Mention the words “water in games” and nine times out of ten the conversation will immediately turn to how good the water looks in said game and whether or not it ripples and splashes well when you try to wade through it. Rarely do people talk about how smart water can be, or how it completely changes the way you move and travel through a game's landscape.
But that's precisely what the water block echo did for me in The Legend of Zelda: Echoes of Wisdom this year, and I've rarely felt so overwhelmed by such a harmless, unassuming puzzle element. After all, it's just water, right? The kind of liquid that Link (and Zelda) have been able to swim in for years up to this point, and whose uses have rarely been more revealing than pushing down the odd pressure pad at various Water Temples.

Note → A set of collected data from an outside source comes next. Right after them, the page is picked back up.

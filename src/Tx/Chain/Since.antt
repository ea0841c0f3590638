-- ===== src/Tx/Chain/Since.antt =====
-- Which transactions `GetSpendingTransactions` returns.
use native.Mathlib.Nat.{mod-lt, div-add-mod'}
use tx_xrpl_token_migrator.Base.{
  ==_iff, filter-append, nil_of_length, drop-drop, length-drop, ℕ, zero, suc, ◌+◌, ◌*◌, ◌%◌, ◌==◌,
  ◌<◌, ◌≤◌, ◌≡◌, refl, sym, ap, ◌∙◌, ◌≢◌, ◌⊎◌, inl, inr, true, false, List, [], ◌++◌, map,
  append_assoc, append-nil, arith, length, take, drop, filter, Bool-cases, All, take-append-drop,
  All-take, All-drop, map-take, map-drop, length-map, All-map_of, All-map,
}
use tx_xrpl_token_migrator.Base.Str.{Str}
use tx_xrpl_token_migrator.Base.Go.{ok}
use tx_xrpl_token_migrator.Xrpl.Model.{Time}
use tx_xrpl_token_migrator.Tx.Chain.{
  ChainTx, ResultTx, Search, fetch_pages, pages_total, query_txs_by_events,
  query_transactions_by_events,
}
use tx_xrpl_token_migrator.Tx.Chain.Fill.{IsServed, timed, query-timed}
use tx_xrpl_token_migrator.Tx.Chain.Page.{
  since, is_success, reaches, Reads, scan_page-since, since-stops, since-goes, since-whole,
}

-- The time of a transaction is that of the block at its height.
abbrev pub time_at : (ℕ → Time) → ChainTx → Time
time_at time tx = time tx.height

module _ (Q : Search) (event : Str) (events_page_size : ℕ) (start_date : Time) (time : ℕ → Time)
    (raw : List ResultTx) where
  -- The transactions of the node, with the times of their blocks.
  abbrev pub all_timed : List ChainTx
  all_timed = map (timed Q time) raw

  -- The node answers a page, of those that there are, with its part of the transactions, and with
  -- their count.
  abbrev pub IsPaged : ℕ → Type 0
  IsPaged limit =
      (page : ℕ)
      → (page ≡ 0) ⊎ (page * limit < length raw)
      → Q.tx_search event (page + 1) limit
        ≡ ok (record { txs = take limit (drop (page * limit) raw); total_count = length raw })

  abbrev part_at : ℕ → List ChainTx
  part_at offset = take events_page_size (drop offset all_timed)

  -- So many pages from an offset on.
  abbrev pages : ℕ → ℕ → List ChainTx
  pages zero offset = []
  pages (suc left) offset = part_at offset ++ pages left (offset + events_page_size)

  abbrev kept : List ChainTx → List ChainTx
  kept txs = filter is_success (since (time_at time) start_date txs)

  next_offset :
      (page : ℕ) → (page + 1) * events_page_size ≡ page * events_page_size + events_page_size
  next_offset page = omega arith

  joined :
      (txs part : List ChainTx) (left page : ℕ)
      → reaches (time_at time) start_date part ≡ false
      → (txs ++ kept part) ++ kept (pages left ((page + 1) * events_page_size))
        ≡ txs ++ kept (part ++ pages left (page * events_page_size + events_page_size))
  joined txs part left page go =
      append_assoc txs (kept part) _
      ∙ ap (λ r. txs ++ r)
          (ap (λ r. filter is_success r ++ kept (pages left ((page + 1) * events_page_size)))
              (since-whole start_date (time_at time) part go)
            ∙ ap (λ o. filter is_success part ++ kept (pages left o)) (next_offset page)
            ∙ sym (
                filter-append is_success part (
                  since (time_at time) start_date
                    (pages left (page * events_page_size + events_page_size))))
            ∙ ap (filter is_success) (
                sym (
                  since-goes start_date (time_at time) part
                    (pages left (page * events_page_size + events_page_size)) go)))

  pages-drop :
      (left offset : ℕ)
      → length all_timed ≤ offset + left * events_page_size
      → pages left offset ≡ drop offset all_timed
  pages-drop zero offset h =
      sym (nil_of_length (drop offset all_timed) (omega (arith, length-drop offset all_timed)))
  pages-drop (suc left) offset h =
      ap (λ t. part_at offset ++ t)
        (pages-drop left (offset + events_page_size) (omega arith)
          ∙ sym (drop-drop offset events_page_size all_timed))
      ∙ take-append-drop events_page_size (drop offset all_timed)

  enough_pages :
      (n : ℕ)
      → 0 < events_page_size
      → n ≤ 0 + pages_total Q event events_page_size start_date n * events_page_size
  unfolding pages_total
  enough_pages n h = elim (Bool-cases (n % events_page_size == 0)) [
    | inl y ↦
        rw (y, pages_total)
          (omega (arith, div-add-mod' n events_page_size, (==_iff (n % events_page_size) 0).0 y))
    | inr m ↦ rw (m, pages_total) (omega (arith, div-add-mod' n events_page_size, mod-lt n h))
  ]

  -- The last page begins before the end.
  pages_bound :
      (n : ℕ)
      → 0 < events_page_size
      → pages_total Q event events_page_size start_date n * events_page_size < n + events_page_size
  unfolding pages_total
  pages_bound n h = elim (Bool-cases (n % events_page_size == 0)) [
    | inl y ↦ rw (y, pages_total) (omega (arith, div-add-mod' n events_page_size))
    | inr m ↦
        let nonzero : n % events_page_size ≢ 0 = ground (arith, m) in
        rw (m, pages_total) (omega (arith, div-add-mod' n events_page_size, nonzero))
  ]

  module _ (served : All (IsServed Q time) raw) (has_node : Q.has_node ≡ true) where
    page_answer :
        (page limit : ℕ)
        → IsPaged limit
        → (page ≡ 0) ⊎ (page * limit < length raw)
        → query_txs_by_events Q event (page + 1) limit
          ≡ ok (record {
            page_total = Q.page_count (length raw) limit;
            txs = take limit (drop (page * limit) all_timed);
          })
    page_answer page limit paged there =
        query-timed Q time event (page + 1) limit _ has_node (paged page there)
          (All-take _ limit _ (All-drop _ (page * limit) raw served))
        ∙ ap (λ l. ok (record { page_total = Q.page_count (length raw) limit; txs = l }))
            (map-take (timed Q time) limit (drop (page * limit) raw)
              ∙ ap (take limit) (map-drop (timed Q time) (page * limit) raw))

    part-Reads :
        (offset : ℕ)
        → All (Reads Q event events_page_size start_date (time_at time)) (part_at offset)
    part-Reads offset = All-take _ events_page_size _ (
        All-drop _ offset all_timed
          (All-map_of (timed Q time) _ raw (All-map raw (λ r s. s.printed) served)))

    fetch_pages-since :
        (left page : ℕ) (txs : List ChainTx)
        → IsPaged events_page_size
        → (page + left) * events_page_size < length raw + events_page_size
        → fetch_pages Q event events_page_size start_date left (page + 1) txs
          ≡ ok (txs ++ kept (pages left (page * events_page_size)))
    unfolding fetch_pages
    fetch_pages-since zero page txs paged b = ap ok (sym (append-nil txs))
    fetch_pages-since (suc left) page txs paged b =
        let part = part_at (page * events_page_size) in
        let answer = page_answer page events_page_size paged (inr (omega arith)) in
        let scanned =
          scan_page-since Q event events_page_size start_date (time_at time) part txs
            (part-Reads (page * events_page_size)) in
        elim (Bool-cases (reaches (time_at time) start_date part)) [
          | inl stop ↦
              rw (answer, scanned, stop, fetch_pages)
                (ap (λ r. ok (txs ++ filter is_success r))
                  (sym (
                    since-stops start_date (time_at time) part
                      (pages left (page * events_page_size + events_page_size)) stop)))
          | inr go ↦
              rw (answer, scanned, go, fetch_pages)
                (fetch_pages-since left (page + 1) (txs ++ kept part) paged (omega arith)
                  ∙ ap ok (joined txs part left page go))
        ]

    no_offset : 0 * events_page_size ≡ 0
    no_offset = omega arith

    -- On a node that serves the transactions and their blocks, with their count, and pages them as
    -- documented, the transactions of an event are returned in order: the successful ones before
    -- the first one whose block is earlier than the start date, or all successful ones where none
    -- is.
    pub query_since :
        IsPaged 1
        → IsPaged events_page_size
        → Q.page_count (length raw) 1 ≡ length raw
        → 0 < events_page_size
        → query_transactions_by_events Q event events_page_size start_date
          ≡ ok (filter is_success (since (time_at time) start_date all_timed))
    unfolding query_transactions_by_events
    query_since one paged total h =
        rw (page_answer 0 1 one (inl refl), total, query_transactions_by_events)
          (fetch_pages-since (pages_total Q event events_page_size start_date (length raw)) 0 []
              paged (omega (arith, pages_bound (length raw) h))
            ∙ ap
                (λ o.
                  ok
                    (kept (pages (pages_total Q event events_page_size start_date (length raw)) o)))
                no_offset
            ∙ ap (λ r. ok (kept r))
                (pages-drop (pages_total Q event events_page_size start_date (length raw)) 0
                  enough))
      where
        enough :
            length all_timed
            ≤ 0 + pages_total Q event events_page_size start_date (length raw) * events_page_size
        enough = omega (arith, length-map (timed Q time) raw, enough_pages (length raw) h)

But the brilliance of Echoes of Wisdom's water block goes far beyond anything we've seen before in a Zelda game, and the best part is how immediately obvious it is when you first pick it up. You'll probably come across the water block early in your adventure when you start investigating the fissures around the two Zora territories, and you'll immediately be asked to build water tunnels in the shape of cubes to make simple bridges across the void below. . Suspended in the air, water maintains its shape fast and steady and defies all the laws of gravity, its elegant simplicity eliminating all those hours spent constructing uncomfortable bed concoctions to traverse similar sized spaces.
But then, as with almost all the echoes you've accumulated so far, you start to mess with it. In an instant you realize, with your eyes wide open, no, surely not possibility that if you create two blocks of water in the same place, they will curl towards the sky forming a tall column of liquid. For sure yes! nintendo did just give me the keys to make magic liquid steps that defy physics, and this absolutely changes all.
It's these kinds of quiet revelations that always seem most magical to me in games. The water block not only makes Zelda's movement seem more intentional in the game, but it provides purpose where previously the Crawltula spider's echoes were erratic and sometimes unpredictable. It also expands her reach into her own realm, taking her farther and higher than the trampolines, beds, and boxes that normally failed to get her where you wanted to go. It makes the world feel more alive with hitherto unseen secrets and corners to explore that are now ready to pop open and poke your nose, allowing you to inhale everything this toy-like play box has to offer and more.
The fact that it also comes in such an unusual and charming form is precisely what makes the water block feel so special, more so than the countless abilities you get in some of this year's other exploratory highlights, like Prince of Persia: The Lost. Crown, or harness the power of the seeds you plant in Ultros' strange organic spaceship. Those (the double jump, the swinging vine, the grappling hook) are much more deliberately playful in design. They're exactly what you'd expect from those kinds of games, which doesn't make them any less charming or enjoyable when you find them, but the fact that you're anticipating them from the beginning can't help but steal them away. of some of its mystery.
But Zelda's water block is just a humble water block: a single, ordinary(ish) object that can be used and combined in such creative and inventive ways that catapults it right to the top of my favorite puzzle elements, both this year and next. recent memory. It's a wonderful and very Nintendo way to recalibrate the way you see the world in front of you, and I only hope that Zelda and her Echoes have another outlet to dazzle us in the future.